What to do: For the listing below, print exactly the lines from the line with "is_file = λ _. true;" to the line with "app = record", both included, and nothing beyond them.

Data extract:
○ ○ ○ ○ ○
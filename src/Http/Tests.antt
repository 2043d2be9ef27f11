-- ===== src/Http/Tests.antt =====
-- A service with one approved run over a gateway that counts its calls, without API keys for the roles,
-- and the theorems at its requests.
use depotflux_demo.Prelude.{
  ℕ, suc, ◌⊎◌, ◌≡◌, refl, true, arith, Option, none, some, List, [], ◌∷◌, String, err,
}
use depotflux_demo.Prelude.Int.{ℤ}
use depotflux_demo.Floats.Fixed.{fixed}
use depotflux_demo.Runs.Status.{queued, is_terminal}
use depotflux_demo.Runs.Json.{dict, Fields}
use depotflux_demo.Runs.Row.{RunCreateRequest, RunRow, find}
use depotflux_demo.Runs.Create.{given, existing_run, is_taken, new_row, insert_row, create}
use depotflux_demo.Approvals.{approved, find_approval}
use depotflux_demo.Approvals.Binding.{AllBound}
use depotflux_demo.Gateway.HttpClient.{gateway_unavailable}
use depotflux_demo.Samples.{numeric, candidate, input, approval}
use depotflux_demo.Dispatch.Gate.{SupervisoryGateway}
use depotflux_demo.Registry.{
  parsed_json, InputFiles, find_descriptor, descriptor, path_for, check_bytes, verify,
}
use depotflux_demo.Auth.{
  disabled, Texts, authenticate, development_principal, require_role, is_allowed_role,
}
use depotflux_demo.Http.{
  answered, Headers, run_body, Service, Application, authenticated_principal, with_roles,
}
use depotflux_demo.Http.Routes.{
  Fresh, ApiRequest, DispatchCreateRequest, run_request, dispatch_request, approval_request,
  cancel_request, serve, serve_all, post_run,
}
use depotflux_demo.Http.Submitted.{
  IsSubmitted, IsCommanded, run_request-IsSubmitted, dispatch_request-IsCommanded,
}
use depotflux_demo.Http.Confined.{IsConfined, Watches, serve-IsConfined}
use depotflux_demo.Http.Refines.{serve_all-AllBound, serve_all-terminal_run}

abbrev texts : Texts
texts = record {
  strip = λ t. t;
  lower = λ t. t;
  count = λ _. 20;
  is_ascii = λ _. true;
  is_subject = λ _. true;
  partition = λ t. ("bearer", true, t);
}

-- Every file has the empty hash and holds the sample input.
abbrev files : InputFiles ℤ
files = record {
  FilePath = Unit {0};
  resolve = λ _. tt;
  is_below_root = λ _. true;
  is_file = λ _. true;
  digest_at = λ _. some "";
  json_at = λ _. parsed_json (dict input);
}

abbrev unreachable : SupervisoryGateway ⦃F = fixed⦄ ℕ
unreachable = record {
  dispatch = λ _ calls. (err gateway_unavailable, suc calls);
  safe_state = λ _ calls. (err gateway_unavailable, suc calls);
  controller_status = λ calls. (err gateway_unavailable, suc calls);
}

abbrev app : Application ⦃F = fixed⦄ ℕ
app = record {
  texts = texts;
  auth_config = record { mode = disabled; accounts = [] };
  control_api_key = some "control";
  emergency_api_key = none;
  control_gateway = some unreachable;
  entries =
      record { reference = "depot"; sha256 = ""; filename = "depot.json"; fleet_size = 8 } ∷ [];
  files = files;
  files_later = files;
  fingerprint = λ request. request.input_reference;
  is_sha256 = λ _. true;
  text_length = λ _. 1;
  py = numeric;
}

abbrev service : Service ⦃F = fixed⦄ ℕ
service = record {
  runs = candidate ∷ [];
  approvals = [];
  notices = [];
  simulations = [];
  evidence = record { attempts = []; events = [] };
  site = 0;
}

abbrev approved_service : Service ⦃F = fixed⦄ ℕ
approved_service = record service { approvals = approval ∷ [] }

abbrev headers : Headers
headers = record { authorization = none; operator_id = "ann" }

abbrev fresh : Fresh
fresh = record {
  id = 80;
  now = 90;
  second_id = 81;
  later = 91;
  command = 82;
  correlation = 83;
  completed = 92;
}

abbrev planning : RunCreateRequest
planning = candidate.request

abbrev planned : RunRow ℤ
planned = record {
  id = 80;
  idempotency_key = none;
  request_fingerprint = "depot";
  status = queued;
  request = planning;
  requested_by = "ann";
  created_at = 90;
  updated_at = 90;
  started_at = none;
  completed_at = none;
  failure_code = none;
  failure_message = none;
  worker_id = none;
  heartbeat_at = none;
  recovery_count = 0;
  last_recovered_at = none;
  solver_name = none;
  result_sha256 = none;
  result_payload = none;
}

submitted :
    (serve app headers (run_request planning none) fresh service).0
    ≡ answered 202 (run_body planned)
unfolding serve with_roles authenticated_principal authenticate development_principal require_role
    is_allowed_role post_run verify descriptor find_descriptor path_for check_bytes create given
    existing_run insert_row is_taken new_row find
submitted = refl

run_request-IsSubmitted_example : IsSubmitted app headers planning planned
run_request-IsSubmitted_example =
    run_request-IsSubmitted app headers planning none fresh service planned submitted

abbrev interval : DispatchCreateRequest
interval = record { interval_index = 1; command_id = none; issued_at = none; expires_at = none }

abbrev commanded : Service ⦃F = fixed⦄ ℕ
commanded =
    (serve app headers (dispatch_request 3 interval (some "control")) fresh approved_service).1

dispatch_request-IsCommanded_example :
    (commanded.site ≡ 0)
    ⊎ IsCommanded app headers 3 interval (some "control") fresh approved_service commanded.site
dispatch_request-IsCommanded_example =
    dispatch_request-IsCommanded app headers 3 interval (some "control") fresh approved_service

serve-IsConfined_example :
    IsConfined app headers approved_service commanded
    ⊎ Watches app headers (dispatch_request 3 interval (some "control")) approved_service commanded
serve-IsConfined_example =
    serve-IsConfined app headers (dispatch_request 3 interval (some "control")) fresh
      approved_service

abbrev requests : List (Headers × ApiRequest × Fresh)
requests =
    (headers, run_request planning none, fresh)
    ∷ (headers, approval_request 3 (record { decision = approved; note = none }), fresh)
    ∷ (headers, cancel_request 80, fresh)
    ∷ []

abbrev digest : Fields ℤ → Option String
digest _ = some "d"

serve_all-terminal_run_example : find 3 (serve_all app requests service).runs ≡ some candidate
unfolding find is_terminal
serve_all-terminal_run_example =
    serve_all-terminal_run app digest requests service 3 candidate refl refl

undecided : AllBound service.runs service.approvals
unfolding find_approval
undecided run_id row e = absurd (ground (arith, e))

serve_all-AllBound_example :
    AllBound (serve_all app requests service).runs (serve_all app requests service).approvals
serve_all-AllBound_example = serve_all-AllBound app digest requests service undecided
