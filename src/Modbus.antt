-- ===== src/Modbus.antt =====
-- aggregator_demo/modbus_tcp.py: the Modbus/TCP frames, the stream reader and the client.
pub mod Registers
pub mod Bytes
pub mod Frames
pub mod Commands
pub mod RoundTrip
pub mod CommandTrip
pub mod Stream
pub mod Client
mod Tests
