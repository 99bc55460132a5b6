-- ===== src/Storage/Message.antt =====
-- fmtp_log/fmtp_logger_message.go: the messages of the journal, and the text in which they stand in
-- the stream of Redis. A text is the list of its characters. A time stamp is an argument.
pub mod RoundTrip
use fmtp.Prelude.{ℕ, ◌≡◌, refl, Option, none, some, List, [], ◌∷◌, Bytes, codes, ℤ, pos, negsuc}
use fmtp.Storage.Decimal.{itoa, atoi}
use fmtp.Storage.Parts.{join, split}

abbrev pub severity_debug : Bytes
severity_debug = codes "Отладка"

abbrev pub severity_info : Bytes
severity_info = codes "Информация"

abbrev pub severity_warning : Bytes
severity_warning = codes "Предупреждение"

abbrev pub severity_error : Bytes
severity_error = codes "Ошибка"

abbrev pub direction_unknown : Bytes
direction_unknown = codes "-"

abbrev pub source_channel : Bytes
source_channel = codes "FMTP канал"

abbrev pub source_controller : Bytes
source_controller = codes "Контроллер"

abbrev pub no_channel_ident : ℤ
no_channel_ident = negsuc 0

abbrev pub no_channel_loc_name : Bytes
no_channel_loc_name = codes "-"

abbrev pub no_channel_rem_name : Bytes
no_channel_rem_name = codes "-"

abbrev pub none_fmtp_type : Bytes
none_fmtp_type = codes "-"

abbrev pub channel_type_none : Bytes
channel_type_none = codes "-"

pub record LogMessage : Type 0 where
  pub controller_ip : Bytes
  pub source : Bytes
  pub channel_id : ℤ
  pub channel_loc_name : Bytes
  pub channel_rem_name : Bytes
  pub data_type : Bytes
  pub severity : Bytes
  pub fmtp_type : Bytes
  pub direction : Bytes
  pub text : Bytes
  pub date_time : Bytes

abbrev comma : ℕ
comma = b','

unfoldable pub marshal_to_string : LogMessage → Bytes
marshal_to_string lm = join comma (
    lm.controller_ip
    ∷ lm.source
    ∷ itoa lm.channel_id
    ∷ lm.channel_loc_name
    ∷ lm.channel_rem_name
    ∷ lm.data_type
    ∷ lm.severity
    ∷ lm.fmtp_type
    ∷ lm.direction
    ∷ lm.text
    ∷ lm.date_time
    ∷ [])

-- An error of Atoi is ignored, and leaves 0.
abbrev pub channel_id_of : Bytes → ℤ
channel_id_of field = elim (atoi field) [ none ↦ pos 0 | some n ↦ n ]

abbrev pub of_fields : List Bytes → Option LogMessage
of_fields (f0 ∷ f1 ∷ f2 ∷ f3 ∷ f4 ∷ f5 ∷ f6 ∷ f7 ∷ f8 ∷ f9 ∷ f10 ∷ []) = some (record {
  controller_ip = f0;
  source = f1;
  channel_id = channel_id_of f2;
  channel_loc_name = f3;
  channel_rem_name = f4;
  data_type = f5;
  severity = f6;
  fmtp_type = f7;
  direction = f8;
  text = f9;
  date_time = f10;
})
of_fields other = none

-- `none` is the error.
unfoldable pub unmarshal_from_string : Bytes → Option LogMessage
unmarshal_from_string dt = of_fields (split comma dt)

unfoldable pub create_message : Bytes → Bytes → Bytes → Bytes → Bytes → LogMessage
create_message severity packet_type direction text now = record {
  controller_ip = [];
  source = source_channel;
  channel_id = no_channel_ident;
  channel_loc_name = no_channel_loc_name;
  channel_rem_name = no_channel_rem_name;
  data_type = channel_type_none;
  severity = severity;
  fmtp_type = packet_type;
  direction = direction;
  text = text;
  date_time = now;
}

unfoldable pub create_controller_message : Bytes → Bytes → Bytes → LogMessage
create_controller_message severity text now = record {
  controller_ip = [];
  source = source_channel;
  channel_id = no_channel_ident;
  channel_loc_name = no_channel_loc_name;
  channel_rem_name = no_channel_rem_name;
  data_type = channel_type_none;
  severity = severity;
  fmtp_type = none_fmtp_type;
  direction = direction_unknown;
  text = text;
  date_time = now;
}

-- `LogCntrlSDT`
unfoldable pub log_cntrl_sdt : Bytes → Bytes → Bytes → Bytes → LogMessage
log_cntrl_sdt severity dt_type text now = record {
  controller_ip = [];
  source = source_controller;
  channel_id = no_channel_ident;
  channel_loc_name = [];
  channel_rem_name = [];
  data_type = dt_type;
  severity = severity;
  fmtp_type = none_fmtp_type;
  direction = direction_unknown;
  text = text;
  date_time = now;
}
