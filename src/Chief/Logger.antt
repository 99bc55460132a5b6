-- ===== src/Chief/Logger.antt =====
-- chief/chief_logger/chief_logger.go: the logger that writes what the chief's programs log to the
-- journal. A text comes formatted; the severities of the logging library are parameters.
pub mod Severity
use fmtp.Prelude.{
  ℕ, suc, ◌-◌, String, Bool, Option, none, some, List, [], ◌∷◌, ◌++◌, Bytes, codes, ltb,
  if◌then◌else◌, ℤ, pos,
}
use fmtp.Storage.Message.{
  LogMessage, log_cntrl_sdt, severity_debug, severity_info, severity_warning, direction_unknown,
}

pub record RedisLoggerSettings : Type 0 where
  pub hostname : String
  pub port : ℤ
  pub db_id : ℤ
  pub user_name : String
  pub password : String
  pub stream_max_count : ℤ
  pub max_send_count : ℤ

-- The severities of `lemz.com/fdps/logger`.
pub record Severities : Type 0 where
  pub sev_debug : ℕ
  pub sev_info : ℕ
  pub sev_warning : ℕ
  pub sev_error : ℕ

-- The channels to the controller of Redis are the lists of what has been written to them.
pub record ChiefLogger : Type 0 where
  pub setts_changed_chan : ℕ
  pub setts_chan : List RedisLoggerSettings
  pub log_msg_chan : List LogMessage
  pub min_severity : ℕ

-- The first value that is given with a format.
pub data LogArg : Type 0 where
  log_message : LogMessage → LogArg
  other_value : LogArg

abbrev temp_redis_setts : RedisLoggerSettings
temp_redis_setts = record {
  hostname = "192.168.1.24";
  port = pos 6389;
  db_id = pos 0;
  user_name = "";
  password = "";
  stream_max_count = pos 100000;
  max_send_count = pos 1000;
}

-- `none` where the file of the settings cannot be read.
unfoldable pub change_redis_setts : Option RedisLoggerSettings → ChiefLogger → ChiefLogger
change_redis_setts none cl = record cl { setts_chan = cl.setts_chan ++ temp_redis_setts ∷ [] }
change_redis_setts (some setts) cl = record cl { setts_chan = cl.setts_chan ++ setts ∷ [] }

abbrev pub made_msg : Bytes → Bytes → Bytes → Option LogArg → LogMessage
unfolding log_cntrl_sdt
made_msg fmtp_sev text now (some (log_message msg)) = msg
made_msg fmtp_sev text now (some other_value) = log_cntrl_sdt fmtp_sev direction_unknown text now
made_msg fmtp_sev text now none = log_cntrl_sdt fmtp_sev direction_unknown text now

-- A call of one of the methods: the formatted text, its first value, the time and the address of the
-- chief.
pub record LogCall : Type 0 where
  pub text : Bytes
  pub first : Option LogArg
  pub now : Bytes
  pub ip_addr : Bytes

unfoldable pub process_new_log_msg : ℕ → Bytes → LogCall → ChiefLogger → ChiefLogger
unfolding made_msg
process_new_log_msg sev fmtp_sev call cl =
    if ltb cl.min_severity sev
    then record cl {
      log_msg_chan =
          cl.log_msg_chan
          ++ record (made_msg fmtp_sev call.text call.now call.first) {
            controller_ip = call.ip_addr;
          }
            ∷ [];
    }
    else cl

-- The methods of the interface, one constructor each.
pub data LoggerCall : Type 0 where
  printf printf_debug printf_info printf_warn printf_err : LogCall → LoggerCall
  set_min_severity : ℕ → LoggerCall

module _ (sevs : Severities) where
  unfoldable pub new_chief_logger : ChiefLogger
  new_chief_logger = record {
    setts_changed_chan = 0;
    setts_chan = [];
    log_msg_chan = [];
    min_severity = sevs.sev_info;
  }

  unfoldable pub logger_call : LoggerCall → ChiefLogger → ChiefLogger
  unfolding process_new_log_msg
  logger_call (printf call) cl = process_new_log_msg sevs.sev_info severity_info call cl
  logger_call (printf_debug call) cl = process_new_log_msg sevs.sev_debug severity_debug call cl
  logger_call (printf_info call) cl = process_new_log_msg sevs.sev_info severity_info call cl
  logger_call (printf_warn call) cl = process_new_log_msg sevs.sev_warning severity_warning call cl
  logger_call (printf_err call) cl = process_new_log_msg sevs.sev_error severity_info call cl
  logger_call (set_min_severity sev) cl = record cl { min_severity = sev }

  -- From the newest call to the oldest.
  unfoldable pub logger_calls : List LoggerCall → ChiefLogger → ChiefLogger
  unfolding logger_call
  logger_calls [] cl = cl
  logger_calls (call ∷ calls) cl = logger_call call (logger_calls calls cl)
○ ○ ○ ○ ○
Exercise response:
  is_file = λ _. true;
  digest_at = λ _. some "";
  json_at = λ _. parsed_json (dict input);
}

abbrev unreachable : SupervisoryGateway ⦃F = fixed⦄ ℕ
unreachable = record {
  dispatch = λ _ calls. (err gateway_unavailable, suc calls);
  safe_state = λ _ calls. (err gateway_unavailable, suc calls);
  controller_status = λ calls. (err gateway_unavailable, suc calls);
}

abbrev app : Application ⦃F = fixed⦄ ℕ
app = record {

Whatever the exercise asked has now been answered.